◆ **Task objective**:
Filter out all lines without the word "refl" from the data below, please, and copy the rest.
**** Source material ****
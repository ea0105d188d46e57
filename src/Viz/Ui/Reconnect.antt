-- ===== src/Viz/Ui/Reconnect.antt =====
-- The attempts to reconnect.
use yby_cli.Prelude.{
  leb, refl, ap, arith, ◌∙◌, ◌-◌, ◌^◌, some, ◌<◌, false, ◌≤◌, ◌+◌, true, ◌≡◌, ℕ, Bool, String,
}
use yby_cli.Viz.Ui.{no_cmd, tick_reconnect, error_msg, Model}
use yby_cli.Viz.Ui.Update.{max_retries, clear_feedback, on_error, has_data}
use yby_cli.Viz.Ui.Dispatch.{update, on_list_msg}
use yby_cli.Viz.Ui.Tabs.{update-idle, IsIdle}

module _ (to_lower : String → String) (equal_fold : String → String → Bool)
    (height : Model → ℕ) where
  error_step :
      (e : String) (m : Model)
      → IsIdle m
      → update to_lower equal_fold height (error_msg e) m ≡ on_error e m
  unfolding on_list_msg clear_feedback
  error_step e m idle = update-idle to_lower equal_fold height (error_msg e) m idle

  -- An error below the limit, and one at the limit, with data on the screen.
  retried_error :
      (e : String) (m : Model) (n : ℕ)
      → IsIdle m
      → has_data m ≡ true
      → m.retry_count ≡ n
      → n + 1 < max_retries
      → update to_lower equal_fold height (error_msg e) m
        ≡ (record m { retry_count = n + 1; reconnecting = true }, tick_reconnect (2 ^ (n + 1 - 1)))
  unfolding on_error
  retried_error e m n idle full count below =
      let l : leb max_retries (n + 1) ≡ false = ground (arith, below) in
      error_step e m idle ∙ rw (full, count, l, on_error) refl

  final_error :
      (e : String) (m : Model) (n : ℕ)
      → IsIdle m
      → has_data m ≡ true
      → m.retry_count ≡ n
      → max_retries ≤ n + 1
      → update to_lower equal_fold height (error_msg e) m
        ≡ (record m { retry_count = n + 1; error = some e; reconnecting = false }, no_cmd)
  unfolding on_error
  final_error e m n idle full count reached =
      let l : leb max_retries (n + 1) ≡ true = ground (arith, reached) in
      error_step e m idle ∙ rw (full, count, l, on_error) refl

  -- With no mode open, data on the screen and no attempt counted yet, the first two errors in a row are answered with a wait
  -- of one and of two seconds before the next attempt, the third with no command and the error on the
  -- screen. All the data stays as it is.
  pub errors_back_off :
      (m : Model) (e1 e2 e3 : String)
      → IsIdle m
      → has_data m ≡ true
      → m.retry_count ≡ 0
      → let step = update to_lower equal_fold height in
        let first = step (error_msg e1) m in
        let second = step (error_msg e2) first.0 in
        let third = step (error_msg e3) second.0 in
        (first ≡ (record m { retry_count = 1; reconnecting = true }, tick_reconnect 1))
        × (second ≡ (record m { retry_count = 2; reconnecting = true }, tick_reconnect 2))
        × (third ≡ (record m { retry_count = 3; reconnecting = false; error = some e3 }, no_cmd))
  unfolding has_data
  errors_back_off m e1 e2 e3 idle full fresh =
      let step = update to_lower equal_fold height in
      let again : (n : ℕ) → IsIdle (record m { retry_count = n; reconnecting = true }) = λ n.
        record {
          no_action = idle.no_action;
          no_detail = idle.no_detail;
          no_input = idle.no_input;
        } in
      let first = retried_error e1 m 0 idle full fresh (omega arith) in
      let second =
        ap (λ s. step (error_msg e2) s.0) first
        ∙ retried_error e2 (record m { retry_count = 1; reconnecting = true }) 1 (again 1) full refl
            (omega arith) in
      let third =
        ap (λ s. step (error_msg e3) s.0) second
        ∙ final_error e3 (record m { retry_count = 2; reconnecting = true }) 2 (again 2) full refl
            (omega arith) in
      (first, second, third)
****
◆ **Problem solution**:
  leb, refl, ap, arith, ◌∙◌, ◌-◌, ◌^◌, some, ◌<◌, false, ◌≤◌, ◌+◌, true, ◌≡◌, ℕ, Bool, String,
      error_step e m idle ∙ rw (full, count, l, on_error) refl
      error_step e m idle ∙ rw (full, count, l, on_error) refl
        ∙ retried_error e2 (record m { retry_count = 1; reconnecting = true }) 1 (again 1) full refl
        ∙ final_error e3 (record m { retry_count = 2; reconnecting = true }) 2 (again 2) full refl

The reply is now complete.